Hilfswerk begrüßt Verlängerung der Familienhospizkarenz, fordert jedoch mehr Unterstützung für pflegende Angehörige

Präsident Othmar Karas: "Mobile Palliativpflege und Hospizteams fördern!"

Wien (OTS) - Hilfswerk begrüßt die heute, Dienstag, vom Ministerrat beschlossene Verlängerung der Familienhospizkarenz. Eltern von chronisch kranken Kindern können in Zukunft bis zu neun Monate in Karenz gehen, statt bisher sechs Monate. Damit ist jedoch nicht sicher gestellt, dass die pflegenden Angehörigen ausreichend unterstützt werden. Daher fordert das Hilfswerk, dass der Ausbau der mobilen Palliativpflege als integraler Bestandteil der Hauskrankenpflegeund Hospizteams verstärkt gefördert wird.
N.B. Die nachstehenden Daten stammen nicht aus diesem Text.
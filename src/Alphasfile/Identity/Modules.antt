-- ===== src/Alphasfile/Identity/Modules.antt =====
-- identity.go, `modulePath` and `parseModulePath`: the paths of modules.
use zordon.Base.{
  cut_prefix, cut_at, replace_byte, split_from, join_with, free-append, last_cut-free,
  last_cut-append, has_prefix-word, cut_at-skip, split_from-skip, split_from-pass,
  replace_byte-free, replace_byte-append, free, ℕ, ◌≡◌, refl, ap, ◌∙◌, true, false, List, [], ◌∷◌,
  ◌++◌, append-nil, append_assoc, none, some, arith, ==_iff, Bytes, codes, equal, has_prefix,
}
use zordon.Alphasfile.Identity.{
  both_parts, split_package_module, path_of, module_path, all_names, up_to_dot, behind,
  parse_packages, parse_component, parse_path, parse_module_path, is_word, all_word, is_module_name,
}

-- where a service is declared: outside modules, in a module, or in a module of nested packages
pub data Home : Type 0 where
  default : Home
  component : Bytes → Home
  packaged : Bytes → List Bytes → Bytes → Home

-- the id of the module
unfoldable pub module_id : Home → Bytes
unfolding join_with
module_id default = []
module_id (component m) = m
module_id (packaged p ps m) = join_with (codes "/") (p ∷ ps) ++ (codes "/" ++ m)

-- The names of nested packages. None is `component`.
abbrev AreNested : List Bytes → Type 0
AreNested [] = Unit
AreNested (s ∷ ps) =
    (is_module_name s ≡ true) × (equal s (codes "component") ≡ false) × AreNested ps

abbrev pub IsNamed : Home → Type 0
IsNamed default = Unit
IsNamed (component m) = is_module_name m ≡ true
IsNamed (packaged p ps m) = (is_module_name p ≡ true) × AreNested ps × (is_module_name m ≡ true)

word-free : (c : ℕ) → is_word c ≡ false → (s : Bytes) → all_word s ≡ true → free c s ≡ true
unfolding all_word free
word-free c n [] h = refl
word-free c n (b ∷ s) h = ground (arith, word-free c n s, ==_iff b c)

pub name-free :
    (c : ℕ) → is_word c ≡ false → (s : Bytes) → is_module_name s ≡ true → free c s ≡ true
unfolding is_module_name free
name-free c n [] h = ground (arith, h)
name-free c n (b ∷ s) h = ground (arith, word-free c n s, ==_iff b c)

pub name-full : (s : Bytes) → is_module_name s ≡ true → equal s [] ≡ false
unfolding is_module_name equal
name-full [] h = ground (arith, h)
name-full (b ∷ s) h = refl

-- the packages within the first
abbrev trail : List Bytes → Bytes → Bytes
trail [] end = end
trail (s ∷ ps) end = codes ".package." ++ (s ++ trail ps end)

replace-join :
    (p : Bytes) (ps : List Bytes) (end : Bytes)
    → is_module_name p ≡ true
    → AreNested ps
    → replace_byte 47 (codes ".package.") (join_with (codes "/") (p ∷ ps)) ++ end
      ≡ p ++ trail ps end
unfolding replace_byte join_with
replace-join p [] end h n =
    rw (replace_byte-free 47 (codes ".package.") p (name-free 47 refl p h)) refl
replace-join p (q ∷ ps) end h (a, b, n) =
    rw
      (
        replace_byte-append 47 (codes ".package.") p (codes "/" ++ join_with (codes "/") (q ∷ ps)),
        replace_byte-free 47 (codes ".package.") p (name-free 47 refl p h),
        append_assoc p
            (replace_byte 47 (codes ".package.") (codes "/" ++ join_with (codes "/") (q ∷ ps))) end,
        replace-join q ps end a n,
      )
      refl

trail_dot : (ps : List Bytes) (end : Bytes) → (t : Bytes) × (trail ps (46 ∷ end) ≡ 46 ∷ t)
trail_dot [] end = (end, refl)
trail_dot (s ∷ ps) end = (codes "package." ++ (s ++ trail ps (46 ∷ end)), refl)

not_component :
    (q : Bytes) (ps : List Bytes) (r : Bytes)
    → is_module_name q ≡ true
    → equal q (codes "component") ≡ false
    → has_prefix (q ++ trail ps (codes ".component." ++ r)) (codes "component.") ≡ false
unfolding free
not_component q ps r h n =
    let (t, e) = trail_dot ps (codes "component." ++ r) in
    ap (λ u. has_prefix (q ++ u) (codes "component.")) e
    ∙ has_prefix-word 46 q (codes "component") t (name-free 46 refl q h) refl
    ∙ n

cut_at-trail :
    (p : Bytes) (ps : List Bytes) (r : Bytes)
    → is_module_name p ≡ true
    → AreNested ps
    → cut_at (codes ".component.") (p ++ trail ps (codes ".component." ++ r))
      ≡ some (p ++ trail ps [], r)
unfolding cut_at has_prefix free
cut_at-trail p [] r h n =
    cut_at-skip 46 (codes "component.") p (codes ".component." ++ r) [] r (name-free 46 refl p h)
      refl
cut_at-trail p (q ∷ ps) r h (a, b, n) =
    let rest = q ++ trail ps (codes ".component." ++ r) in
    let nested : cut_at (codes ".component.") (46 ∷ rest) ≡ some (46 ∷ (q ++ trail ps []), r) =
      rw (not_component q ps r a b, cut_at-trail q ps r a n) refl in
    let inner = cut_at-skip 46 (codes "component.") (codes "package") (46 ∷ rest) _ r refl nested in
    cut_at-skip 46 (codes "component.") p (codes ".package." ++ rest) _ r (name-free 46 refl p h)
      (rw inner refl)

split-trail :
    (p : Bytes) (ps : List Bytes)
    → is_module_name p ≡ true
    → AreNested ps
    → split_from 0 (codes ".package.") (p ++ trail ps []) ≡ p ∷ ps
unfolding split_from has_prefix
split-trail p [] h n =
    split_from-skip 46 (codes "package.") p [] (name-free 46 refl p h) [] [] refl
    ∙ ap (λ s. s ∷ []) (append-nil p)
split-trail p (q ∷ ps) h (a, b, n) =
    split_from-skip 46 (codes "package.") p (codes ".package." ++ (q ++ trail ps []))
      (name-free 46 refl p h) [] (q ∷ ps)
      (ap (λ ds. [] ∷ ds)
        (split_from-pass (codes "package.") (codes ".package.") (q ++ trail ps [])
          ∙ split-trail q ps a n))
    ∙ ap (λ s. s ∷ q ∷ ps) (append-nil p)

nested-all_names : (ps : List Bytes) → AreNested ps → all_names ps ≡ true
unfolding all_names
nested-all_names [] n = refl
nested-all_names (q ∷ ps) (a, b, n) =
    ground (arith, name-full q a, name-free 46 refl q a, nested-all_names ps n)

pub up_to_dot-cut_at :
    (m r : Bytes)
    → is_module_name m ≡ true
    → up_to_dot (cut_at (codes ".") (m ++ (codes "." ++ r))) ≡ some (m, r)
unfolding cut_at has_prefix is_module_name
up_to_dot-cut_at m r h =
    let dot = cut_at-skip 46 [] m (codes "." ++ r) [] r (name-free 46 refl m h) refl in
    rw (dot, append-nil m) (full m h)
  where
    full : (m : Bytes) → is_module_name m ≡ true → up_to_dot (some (m, r)) ≡ some (m, r)
    full [] h = ground (arith, h)
    full (b ∷ m) h = refl

pub split-component : (m : Bytes) → is_module_name m ≡ true → split_package_module m ≡ none
unfolding split_package_module
split-component m h = rw (last_cut-free 47 m (name-free 47 refl m h)) refl

longer : (p s : Bytes) → is_module_name p ≡ true → equal (p ++ s) [] ≡ false
unfolding is_module_name equal
longer [] s h = ground (arith, h)
longer (b ∷ p) s h = refl

join-longer :
    (p : Bytes) (ps : List Bytes)
    → is_module_name p ≡ true
    → equal (join_with (codes "/") (p ∷ ps)) [] ≡ false
unfolding join_with
join-longer p [] h = name-full p h
join-longer p (q ∷ ps) h = longer p (codes "/" ++ join_with (codes "/") (q ∷ ps)) h

both_parts-full :
    (s m : Bytes)
    → equal s [] ≡ false
    → is_module_name m ≡ true
    → both_parts (some (s, m)) ≡ some (s, m)
unfolding equal is_module_name
both_parts-full [] m e h = ground (arith, e)
both_parts-full (b ∷ s) [] e h = ground (arith, h)
both_parts-full (b ∷ s) (c ∷ m) e h = refl

pub split-packaged :
    (p : Bytes) (ps : List Bytes) (m : Bytes)
    → IsNamed (packaged p ps m)
    → split_package_module (module_id (packaged p ps m)) ≡ some (join_with (codes "/") (p ∷ ps), m)
unfolding split_package_module module_id
split-packaged p ps m (h, _, n) =
    let s = join_with (codes "/") (p ∷ ps) in
    rw (last_cut-append 47 s m (name-free 47 refl m n)) (both_parts-full s m (join-longer p ps h) n)

path-packaged :
    (p : Bytes) (ps : List Bytes) (m r : Bytes)
    → IsNamed (packaged p ps m)
    → module_path (module_id (packaged p ps m)) ++ (codes "." ++ r)
      ≡ codes "package." ++ (p ++ trail ps (codes ".component." ++ (m ++ (codes "." ++ r))))
unfolding module_path path_of
path-packaged p ps m r n =
    let names = replace_byte 47 (codes ".package.") (join_with (codes "/") (p ∷ ps)) in
    rw (split-packaged p ps m n) (
      ap (λ t. codes "package." ++ t)
        (append_assoc names (codes ".component." ++ m) (codes "." ++ r)
          ∙ replace-join p ps (codes ".component." ++ (m ++ (codes "." ++ r))) n.0 n.1))

pub id-full :
    (p : Bytes) (ps : List Bytes) (m : Bytes)
    → is_module_name p ≡ true
    → equal (module_id (packaged p ps m)) [] ≡ false
unfolding module_id equal
id-full p ps m h = go (join_with (codes "/") (p ∷ ps)) (join-longer p ps h)
  where
    go : (s : Bytes) → equal s [] ≡ false → equal (s ++ (codes "/" ++ m)) [] ≡ false
    go [] e = ground (arith, e)
    go (b ∷ s) e = refl

trail-free : (ps : List Bytes) (end : Bytes) → AreNested ps → free 64 (trail ps end) ≡ free 64 end
unfolding free
trail-free [] end n = refl
trail-free (q ∷ ps) end (a, b, n) =
    rw (free-append 64 q (trail ps end), name-free 64 refl q a) (trail-free ps end n)

pub path-free :
    (home : Home) (r : Bytes)
    → IsNamed home
    → free 64 (module_path (module_id home) ++ (codes "." ++ r)) ≡ free 64 r
unfolding free module_path module_id path_of
path-free default r n = refl
path-free (component m) r n =
    rw (split-component m n, free-append 64 m (codes "." ++ r), name-free 64 refl m n) refl
path-free (packaged p ps m) r n =
    let end = codes ".component." ++ (m ++ (codes "." ++ r)) in
    rw
      (
        path-packaged p ps m r n,
        free-append 64 p (trail ps end),
        name-free 64 refl p n.0,
        trail-free ps end n.1,
        free-append 64 m (codes "." ++ r),
        name-free 64 refl m n.2,
      )
      refl

-- `parseModulePath` reads the path of a module, followed by a dot and any text, back into the id of
-- the module and that text. Its names are as `moduleNameRe` has them, and no package within
-- another is named `component`.
pub parse_module_path-module_path :
    (home : Home) (r : Bytes)
    → IsNamed home
    → equal (module_id home) [] ≡ false
    → parse_module_path (module_path (module_id home) ++ (codes "." ++ r))
      ≡ some (module_id home, r)
unfolding parse_module_path parse_path parse_packages parse_component module_path path_of cut_prefix
    module_id all_names behind
parse_module_path-module_path default r n e = ground (arith, e)
parse_module_path-module_path (component m) r n e =
    rw (split-component m n) (up_to_dot-cut_at m r n)
parse_module_path-module_path (packaged p ps m) r n e =
    let (a, b, c) = n in
    rw
      (
        path-packaged p ps m r n,
        cut_at-trail p ps (m ++ (codes "." ++ r)) a b,
        longer p (trail ps []) a,
        split-trail p ps a b,
        name-full p a,
        name-free 46 refl p a,
        nested-all_names ps b,
        up_to_dot-cut_at m r c,
      )
      refl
"Die meisten Menschen wollen zu Hause, in ihrer vertrauten Umgebung sterben", sagt Hilfswerk-Präsident Othmar Karas, Monika Gugerell, Pflegedirektorin des NÖ Hilfswerks "Aber die Angehörigen sind dabei oft überfordert. Sie brauchen Entlastung und oft auch professionelle Unterstützung. Es fehlt jedoch an öffentlichen Förderungen, damit diese Unterstützung auch für alle leistbar ist. Was wir dringend brauchen sind Rahmenbedingungen für eine entsprechende Qualifizierung der Pflegekräfte. Psychische Unterstützung für Angehörige: Psychosoziale Begleitung, Gesprächsrunden, Trauerbegleitung - vor allem wenn es sich um Todesfälle von Kindern handelt. Palliativpflege muss integraler Bestandteil der Hauskrankenpflege sein.", so Karas Gugerell abschließend.

Das Österreichische Hilfswerk ist mit seinen Landesverbänden und dem Hilfswerk Austria einer der größten österreichischen Anbieter sozialer Dienstleistungen. Es beschäftigt 7.370 MitarbeiterInnen und erwirtschaftet in den Geschäftsbereichen Hilfe und Pflege, Kinder-und Jugendbetreuung, sowie Beratung und Bildung einen Jahresumsatz von Euro 137,47 Millionen und ist auch als Hilfsorganisation in Krisengebieten sehr aktiv.